DATA SUPPLIED:
'''
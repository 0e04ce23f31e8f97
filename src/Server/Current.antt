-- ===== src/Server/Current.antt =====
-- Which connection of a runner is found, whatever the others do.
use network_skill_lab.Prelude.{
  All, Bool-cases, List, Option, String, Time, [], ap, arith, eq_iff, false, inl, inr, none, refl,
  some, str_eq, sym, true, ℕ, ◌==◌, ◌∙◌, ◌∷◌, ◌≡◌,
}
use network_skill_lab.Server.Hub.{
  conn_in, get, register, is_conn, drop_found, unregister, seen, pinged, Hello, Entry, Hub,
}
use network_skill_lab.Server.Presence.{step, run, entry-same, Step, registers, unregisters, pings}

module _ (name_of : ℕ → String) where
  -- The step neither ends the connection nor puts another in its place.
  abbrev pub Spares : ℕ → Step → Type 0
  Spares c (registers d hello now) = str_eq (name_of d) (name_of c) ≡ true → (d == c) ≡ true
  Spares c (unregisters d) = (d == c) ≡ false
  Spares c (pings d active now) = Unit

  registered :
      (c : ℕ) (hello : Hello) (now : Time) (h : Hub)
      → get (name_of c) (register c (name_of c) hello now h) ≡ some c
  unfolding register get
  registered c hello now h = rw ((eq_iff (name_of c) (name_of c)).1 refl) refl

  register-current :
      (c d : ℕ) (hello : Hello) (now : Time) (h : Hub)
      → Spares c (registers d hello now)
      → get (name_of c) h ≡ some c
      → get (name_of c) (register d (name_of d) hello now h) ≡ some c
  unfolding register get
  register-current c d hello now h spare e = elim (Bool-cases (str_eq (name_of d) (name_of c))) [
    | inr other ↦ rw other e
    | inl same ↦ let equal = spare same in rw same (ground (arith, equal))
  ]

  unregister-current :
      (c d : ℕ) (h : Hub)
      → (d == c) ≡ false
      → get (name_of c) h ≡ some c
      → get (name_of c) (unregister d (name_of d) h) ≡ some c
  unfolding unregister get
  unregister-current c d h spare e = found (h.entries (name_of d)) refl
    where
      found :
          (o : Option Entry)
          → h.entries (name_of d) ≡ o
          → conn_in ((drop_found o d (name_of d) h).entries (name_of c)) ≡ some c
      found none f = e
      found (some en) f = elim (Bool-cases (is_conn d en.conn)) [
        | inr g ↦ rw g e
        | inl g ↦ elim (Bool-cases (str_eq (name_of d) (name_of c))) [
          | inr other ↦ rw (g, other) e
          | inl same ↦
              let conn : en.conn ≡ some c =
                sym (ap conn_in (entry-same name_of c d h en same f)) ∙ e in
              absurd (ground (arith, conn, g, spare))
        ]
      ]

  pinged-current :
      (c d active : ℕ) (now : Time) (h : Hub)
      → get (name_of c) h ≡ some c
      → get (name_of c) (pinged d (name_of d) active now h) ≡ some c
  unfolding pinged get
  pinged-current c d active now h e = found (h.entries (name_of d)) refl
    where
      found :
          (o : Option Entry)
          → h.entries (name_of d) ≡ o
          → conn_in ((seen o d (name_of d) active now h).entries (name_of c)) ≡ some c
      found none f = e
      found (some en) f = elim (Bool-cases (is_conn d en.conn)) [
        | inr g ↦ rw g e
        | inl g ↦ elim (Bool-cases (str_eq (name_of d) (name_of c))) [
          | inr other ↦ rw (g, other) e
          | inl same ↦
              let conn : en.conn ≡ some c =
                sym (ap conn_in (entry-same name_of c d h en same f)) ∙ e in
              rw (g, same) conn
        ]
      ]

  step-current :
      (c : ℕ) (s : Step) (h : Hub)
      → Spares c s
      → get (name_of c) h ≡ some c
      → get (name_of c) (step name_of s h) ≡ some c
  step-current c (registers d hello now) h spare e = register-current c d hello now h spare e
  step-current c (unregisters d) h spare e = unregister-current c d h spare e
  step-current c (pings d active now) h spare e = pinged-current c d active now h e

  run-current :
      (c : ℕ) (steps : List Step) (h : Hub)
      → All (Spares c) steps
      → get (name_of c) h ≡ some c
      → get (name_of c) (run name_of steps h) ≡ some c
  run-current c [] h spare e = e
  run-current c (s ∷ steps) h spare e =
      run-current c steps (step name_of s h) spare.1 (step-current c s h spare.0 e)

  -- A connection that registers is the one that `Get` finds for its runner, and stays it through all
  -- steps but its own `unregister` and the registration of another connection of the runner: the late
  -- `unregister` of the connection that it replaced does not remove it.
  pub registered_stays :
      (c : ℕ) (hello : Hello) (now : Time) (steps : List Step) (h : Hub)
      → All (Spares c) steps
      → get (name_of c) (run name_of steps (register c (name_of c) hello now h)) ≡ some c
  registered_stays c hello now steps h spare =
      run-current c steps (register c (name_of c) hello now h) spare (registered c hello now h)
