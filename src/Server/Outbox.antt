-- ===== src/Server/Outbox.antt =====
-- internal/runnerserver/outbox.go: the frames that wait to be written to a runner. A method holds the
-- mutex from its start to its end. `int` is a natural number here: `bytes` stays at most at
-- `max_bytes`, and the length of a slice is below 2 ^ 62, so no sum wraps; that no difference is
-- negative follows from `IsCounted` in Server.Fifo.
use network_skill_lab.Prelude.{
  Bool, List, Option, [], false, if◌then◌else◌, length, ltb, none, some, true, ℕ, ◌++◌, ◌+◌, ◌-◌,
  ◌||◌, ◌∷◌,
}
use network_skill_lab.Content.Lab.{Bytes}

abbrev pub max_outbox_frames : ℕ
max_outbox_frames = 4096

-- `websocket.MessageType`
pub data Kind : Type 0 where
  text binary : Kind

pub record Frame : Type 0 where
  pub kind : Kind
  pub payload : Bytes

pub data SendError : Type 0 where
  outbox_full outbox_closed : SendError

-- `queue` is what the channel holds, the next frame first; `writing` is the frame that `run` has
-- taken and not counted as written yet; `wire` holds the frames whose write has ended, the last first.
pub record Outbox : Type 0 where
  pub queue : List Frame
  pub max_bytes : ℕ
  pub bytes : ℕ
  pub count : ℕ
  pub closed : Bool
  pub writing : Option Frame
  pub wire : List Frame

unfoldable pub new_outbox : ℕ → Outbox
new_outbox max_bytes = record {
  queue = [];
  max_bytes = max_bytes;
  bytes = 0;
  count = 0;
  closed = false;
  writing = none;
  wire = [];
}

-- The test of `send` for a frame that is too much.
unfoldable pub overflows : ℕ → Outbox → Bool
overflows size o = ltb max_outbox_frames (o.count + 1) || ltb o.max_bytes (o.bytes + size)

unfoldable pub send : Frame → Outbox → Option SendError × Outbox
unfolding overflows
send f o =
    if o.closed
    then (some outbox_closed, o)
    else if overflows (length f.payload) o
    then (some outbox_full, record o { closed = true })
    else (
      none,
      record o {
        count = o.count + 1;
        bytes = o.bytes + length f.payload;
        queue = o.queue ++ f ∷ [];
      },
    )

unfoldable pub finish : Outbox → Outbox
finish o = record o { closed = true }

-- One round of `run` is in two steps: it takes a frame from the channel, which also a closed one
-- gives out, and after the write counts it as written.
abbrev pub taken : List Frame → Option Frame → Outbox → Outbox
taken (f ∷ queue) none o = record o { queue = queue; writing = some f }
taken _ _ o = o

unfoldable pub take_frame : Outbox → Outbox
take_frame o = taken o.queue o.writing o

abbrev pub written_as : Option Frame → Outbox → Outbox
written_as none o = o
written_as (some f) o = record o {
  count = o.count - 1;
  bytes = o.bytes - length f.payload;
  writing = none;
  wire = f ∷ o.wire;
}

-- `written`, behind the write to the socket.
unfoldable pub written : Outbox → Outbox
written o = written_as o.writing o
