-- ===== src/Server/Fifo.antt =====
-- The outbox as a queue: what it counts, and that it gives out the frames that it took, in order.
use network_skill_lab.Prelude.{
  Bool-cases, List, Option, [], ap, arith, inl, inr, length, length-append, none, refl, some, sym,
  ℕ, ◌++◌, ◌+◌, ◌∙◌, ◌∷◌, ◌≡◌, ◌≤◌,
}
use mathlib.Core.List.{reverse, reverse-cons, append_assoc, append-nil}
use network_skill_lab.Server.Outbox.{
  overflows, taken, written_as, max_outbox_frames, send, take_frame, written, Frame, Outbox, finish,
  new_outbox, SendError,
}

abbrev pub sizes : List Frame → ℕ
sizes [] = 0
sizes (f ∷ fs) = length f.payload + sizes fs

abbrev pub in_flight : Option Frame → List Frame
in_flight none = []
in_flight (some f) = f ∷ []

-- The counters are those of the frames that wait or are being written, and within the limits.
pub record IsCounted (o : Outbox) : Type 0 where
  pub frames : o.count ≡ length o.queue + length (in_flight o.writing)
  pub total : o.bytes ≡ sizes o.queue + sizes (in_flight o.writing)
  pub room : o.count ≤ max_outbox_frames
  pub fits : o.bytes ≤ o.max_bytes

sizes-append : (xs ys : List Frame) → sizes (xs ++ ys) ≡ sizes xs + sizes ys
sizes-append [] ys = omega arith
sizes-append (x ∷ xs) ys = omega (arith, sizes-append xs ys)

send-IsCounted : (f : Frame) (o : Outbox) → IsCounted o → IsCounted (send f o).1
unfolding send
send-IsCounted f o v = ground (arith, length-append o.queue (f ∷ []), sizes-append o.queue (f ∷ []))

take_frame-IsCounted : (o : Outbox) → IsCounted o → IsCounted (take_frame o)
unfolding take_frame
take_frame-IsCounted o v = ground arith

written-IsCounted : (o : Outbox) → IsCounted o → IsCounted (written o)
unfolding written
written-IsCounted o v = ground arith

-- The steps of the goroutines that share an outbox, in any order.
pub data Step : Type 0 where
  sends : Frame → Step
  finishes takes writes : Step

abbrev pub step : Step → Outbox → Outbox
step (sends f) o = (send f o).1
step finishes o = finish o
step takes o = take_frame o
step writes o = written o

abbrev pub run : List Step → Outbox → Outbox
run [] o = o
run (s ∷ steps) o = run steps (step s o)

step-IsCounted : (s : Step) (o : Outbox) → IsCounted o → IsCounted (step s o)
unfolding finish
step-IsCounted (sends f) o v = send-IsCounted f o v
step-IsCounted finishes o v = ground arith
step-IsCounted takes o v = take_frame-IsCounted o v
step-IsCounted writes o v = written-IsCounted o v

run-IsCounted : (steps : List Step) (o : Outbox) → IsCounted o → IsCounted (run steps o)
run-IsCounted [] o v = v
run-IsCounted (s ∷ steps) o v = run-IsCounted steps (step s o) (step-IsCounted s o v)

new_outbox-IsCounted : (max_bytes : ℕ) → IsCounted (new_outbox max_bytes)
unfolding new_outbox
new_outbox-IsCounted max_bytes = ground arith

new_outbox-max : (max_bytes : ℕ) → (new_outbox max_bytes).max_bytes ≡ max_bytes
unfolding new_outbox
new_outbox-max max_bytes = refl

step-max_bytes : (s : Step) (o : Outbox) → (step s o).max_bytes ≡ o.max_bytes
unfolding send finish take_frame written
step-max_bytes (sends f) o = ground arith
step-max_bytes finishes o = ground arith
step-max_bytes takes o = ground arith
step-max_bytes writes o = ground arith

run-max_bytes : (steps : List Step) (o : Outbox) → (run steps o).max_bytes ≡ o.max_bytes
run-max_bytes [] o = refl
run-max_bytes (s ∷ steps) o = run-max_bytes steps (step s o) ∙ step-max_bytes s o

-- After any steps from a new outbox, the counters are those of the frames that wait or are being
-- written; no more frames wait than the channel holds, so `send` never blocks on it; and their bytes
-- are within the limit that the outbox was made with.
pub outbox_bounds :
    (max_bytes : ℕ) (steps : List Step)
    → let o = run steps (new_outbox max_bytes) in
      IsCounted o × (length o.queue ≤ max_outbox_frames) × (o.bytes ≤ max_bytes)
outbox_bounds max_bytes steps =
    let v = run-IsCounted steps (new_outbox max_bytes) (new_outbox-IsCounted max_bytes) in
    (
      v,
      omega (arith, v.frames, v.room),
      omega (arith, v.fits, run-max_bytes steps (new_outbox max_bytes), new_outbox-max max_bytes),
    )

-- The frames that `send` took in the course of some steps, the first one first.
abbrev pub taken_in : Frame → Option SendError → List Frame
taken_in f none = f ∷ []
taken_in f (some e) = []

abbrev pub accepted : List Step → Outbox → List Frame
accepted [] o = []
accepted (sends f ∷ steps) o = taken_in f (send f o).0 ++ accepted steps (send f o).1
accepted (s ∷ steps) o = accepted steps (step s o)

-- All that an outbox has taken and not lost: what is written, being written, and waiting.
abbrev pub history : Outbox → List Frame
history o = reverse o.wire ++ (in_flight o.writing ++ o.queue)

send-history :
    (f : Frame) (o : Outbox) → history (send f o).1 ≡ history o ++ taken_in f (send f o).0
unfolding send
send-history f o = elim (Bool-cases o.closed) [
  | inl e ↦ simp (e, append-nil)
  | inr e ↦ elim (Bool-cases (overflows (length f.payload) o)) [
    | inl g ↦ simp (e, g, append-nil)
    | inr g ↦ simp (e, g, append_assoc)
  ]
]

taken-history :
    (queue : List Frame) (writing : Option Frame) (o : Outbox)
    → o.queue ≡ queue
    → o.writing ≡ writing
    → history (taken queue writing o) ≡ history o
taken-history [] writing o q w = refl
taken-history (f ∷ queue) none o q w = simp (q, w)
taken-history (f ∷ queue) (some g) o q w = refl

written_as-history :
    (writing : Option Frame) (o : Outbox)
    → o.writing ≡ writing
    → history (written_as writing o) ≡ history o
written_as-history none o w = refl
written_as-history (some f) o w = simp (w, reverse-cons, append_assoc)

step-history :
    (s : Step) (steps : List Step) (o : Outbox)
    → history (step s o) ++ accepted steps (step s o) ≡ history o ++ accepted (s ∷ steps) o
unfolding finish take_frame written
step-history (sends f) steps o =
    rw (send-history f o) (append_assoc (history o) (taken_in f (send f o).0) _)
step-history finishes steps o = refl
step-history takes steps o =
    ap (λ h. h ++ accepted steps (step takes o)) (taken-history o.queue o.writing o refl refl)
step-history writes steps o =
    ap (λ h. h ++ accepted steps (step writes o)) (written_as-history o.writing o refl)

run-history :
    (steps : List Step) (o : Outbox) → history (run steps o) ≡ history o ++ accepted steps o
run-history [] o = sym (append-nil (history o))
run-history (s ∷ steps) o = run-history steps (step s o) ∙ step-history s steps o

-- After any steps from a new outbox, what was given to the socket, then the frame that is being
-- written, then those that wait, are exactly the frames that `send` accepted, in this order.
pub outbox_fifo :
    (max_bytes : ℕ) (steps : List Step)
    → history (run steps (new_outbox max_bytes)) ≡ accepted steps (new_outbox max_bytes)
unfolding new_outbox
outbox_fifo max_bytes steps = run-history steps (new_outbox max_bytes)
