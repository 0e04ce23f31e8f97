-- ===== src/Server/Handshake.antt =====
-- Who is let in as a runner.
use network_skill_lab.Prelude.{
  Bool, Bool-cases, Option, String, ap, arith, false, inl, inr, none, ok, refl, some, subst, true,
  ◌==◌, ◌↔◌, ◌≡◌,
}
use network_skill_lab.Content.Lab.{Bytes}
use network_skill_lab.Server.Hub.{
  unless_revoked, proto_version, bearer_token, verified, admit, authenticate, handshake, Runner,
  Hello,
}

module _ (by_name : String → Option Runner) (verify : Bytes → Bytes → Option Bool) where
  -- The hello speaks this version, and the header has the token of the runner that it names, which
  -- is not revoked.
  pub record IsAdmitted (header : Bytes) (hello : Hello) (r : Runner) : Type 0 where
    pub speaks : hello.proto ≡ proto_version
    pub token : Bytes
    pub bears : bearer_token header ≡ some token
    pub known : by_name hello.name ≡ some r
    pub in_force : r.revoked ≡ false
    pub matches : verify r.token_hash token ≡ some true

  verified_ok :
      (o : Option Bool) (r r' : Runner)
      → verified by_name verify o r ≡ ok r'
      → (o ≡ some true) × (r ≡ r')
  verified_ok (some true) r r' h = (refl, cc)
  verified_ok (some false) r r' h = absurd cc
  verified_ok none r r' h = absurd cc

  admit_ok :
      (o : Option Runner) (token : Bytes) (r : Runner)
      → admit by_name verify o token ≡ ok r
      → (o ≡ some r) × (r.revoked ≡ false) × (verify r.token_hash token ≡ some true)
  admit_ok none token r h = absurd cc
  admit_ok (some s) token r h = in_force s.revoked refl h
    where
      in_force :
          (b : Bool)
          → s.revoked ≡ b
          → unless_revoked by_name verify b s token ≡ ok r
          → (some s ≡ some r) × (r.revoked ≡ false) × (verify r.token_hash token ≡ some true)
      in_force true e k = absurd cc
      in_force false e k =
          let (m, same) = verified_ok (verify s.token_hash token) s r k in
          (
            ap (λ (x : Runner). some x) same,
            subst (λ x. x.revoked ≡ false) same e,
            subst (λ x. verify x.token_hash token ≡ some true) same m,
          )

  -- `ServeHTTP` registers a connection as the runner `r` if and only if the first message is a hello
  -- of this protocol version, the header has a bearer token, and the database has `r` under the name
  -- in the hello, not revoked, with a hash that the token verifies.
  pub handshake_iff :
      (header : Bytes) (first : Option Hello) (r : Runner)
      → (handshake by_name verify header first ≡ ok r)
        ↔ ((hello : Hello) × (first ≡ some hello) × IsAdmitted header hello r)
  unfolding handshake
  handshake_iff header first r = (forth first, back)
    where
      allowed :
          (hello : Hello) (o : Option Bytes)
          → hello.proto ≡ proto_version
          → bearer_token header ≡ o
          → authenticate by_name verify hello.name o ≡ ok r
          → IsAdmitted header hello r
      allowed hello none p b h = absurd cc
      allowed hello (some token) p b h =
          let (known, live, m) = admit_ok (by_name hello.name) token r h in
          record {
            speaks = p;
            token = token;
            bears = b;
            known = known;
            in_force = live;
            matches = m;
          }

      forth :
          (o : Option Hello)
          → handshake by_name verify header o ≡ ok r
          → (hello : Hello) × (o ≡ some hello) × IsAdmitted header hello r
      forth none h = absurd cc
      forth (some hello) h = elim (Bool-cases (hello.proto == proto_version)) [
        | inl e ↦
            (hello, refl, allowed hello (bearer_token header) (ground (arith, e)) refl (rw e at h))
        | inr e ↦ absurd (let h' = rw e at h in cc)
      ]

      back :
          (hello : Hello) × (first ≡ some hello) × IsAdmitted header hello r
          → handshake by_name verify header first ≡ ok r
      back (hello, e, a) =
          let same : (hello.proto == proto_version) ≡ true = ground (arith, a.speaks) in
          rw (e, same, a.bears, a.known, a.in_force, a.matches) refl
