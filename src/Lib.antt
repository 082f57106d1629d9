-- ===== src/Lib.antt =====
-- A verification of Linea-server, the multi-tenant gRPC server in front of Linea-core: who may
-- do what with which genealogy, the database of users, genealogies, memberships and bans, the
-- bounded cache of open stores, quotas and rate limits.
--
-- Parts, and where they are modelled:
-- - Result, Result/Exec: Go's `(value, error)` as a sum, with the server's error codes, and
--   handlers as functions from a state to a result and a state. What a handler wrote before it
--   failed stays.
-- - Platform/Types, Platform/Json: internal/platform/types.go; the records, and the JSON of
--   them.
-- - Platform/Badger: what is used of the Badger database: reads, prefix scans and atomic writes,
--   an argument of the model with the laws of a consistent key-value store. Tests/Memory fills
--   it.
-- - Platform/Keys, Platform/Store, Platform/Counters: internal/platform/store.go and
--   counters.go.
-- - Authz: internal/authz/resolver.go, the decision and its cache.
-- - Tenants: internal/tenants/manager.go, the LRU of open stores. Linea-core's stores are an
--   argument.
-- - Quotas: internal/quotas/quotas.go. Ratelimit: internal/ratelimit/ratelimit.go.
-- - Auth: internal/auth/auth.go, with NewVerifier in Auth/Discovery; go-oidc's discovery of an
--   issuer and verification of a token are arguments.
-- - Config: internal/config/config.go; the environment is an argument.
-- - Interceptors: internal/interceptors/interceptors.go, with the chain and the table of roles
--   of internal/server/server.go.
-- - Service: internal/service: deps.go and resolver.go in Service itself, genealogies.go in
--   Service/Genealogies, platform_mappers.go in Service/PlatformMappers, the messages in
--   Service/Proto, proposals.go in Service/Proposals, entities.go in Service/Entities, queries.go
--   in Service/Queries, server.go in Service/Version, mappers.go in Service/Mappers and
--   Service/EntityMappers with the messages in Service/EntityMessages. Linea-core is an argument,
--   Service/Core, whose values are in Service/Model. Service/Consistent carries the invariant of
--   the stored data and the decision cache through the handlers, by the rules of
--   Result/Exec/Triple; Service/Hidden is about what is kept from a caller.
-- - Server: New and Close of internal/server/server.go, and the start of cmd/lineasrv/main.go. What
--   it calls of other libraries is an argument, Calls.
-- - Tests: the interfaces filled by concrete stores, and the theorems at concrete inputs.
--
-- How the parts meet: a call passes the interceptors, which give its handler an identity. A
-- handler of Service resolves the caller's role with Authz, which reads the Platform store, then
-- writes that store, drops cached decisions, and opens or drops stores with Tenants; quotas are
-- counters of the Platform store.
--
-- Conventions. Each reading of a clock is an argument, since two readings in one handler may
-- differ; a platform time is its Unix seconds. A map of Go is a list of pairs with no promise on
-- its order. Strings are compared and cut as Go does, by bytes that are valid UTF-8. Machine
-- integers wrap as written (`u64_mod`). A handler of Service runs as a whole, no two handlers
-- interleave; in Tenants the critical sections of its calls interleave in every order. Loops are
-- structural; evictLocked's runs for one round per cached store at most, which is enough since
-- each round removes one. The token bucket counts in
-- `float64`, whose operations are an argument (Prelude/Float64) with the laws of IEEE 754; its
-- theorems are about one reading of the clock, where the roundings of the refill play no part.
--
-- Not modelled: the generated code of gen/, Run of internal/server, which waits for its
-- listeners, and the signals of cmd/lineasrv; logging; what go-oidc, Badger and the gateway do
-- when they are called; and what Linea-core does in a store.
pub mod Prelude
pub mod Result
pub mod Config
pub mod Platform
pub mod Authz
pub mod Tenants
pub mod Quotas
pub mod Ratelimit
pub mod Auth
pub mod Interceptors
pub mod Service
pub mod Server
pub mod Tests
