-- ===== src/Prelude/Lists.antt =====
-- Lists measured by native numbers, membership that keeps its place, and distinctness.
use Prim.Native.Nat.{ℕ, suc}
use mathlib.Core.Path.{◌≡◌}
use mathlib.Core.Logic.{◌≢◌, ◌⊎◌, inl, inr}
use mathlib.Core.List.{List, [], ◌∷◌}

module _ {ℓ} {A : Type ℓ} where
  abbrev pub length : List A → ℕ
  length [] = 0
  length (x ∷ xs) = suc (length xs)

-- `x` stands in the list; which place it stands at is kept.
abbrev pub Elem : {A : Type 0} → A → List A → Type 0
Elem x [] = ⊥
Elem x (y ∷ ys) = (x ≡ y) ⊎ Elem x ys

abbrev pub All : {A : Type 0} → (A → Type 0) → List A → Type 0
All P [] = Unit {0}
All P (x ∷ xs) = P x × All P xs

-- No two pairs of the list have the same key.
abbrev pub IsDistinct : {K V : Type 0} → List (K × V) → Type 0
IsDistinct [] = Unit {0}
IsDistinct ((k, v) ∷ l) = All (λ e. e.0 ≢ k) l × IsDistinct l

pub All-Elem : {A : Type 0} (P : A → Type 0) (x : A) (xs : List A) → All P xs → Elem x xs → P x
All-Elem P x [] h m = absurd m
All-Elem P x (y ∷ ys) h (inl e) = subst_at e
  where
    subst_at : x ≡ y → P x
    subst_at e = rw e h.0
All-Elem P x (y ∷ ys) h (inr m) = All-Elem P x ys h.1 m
'''
TO DO:
All that should be returned is the run of lines from the one with "abbrev pub Elem" to the last line of the material above, copied exactly.

TASK SOLUTION:
abbrev pub Elem : {A : Type 0} → A → List A → Type 0
Elem x [] = ⊥
Elem x (y ∷ ys) = (x ≡ y) ⊎ Elem x ys

abbrev pub All : {A : Type 0} → (A → Type 0) → List A → Type 0
All P [] = Unit {0}
All P (x ∷ xs) = P x × All P xs

-- No two pairs of the list have the same key.
abbrev pub IsDistinct : {K V : Type 0} → List (K × V) → Type 0
IsDistinct [] = Unit {0}
IsDistinct ((k, v) ∷ l) = All (λ e. e.0 ≢ k) l × IsDistinct l

pub All-Elem : {A : Type 0} (P : A → Type 0) (x : A) (xs : List A) → All P xs → Elem x xs → P x
All-Elem P x [] h m = absurd m
All-Elem P x (y ∷ ys) h (inl e) = subst_at e
  where
    subst_at : x ≡ y → P x
    subst_at e = rw e h.0
All-Elem P x (y ∷ ys) h (inr m) = All-Elem P x ys h.1 m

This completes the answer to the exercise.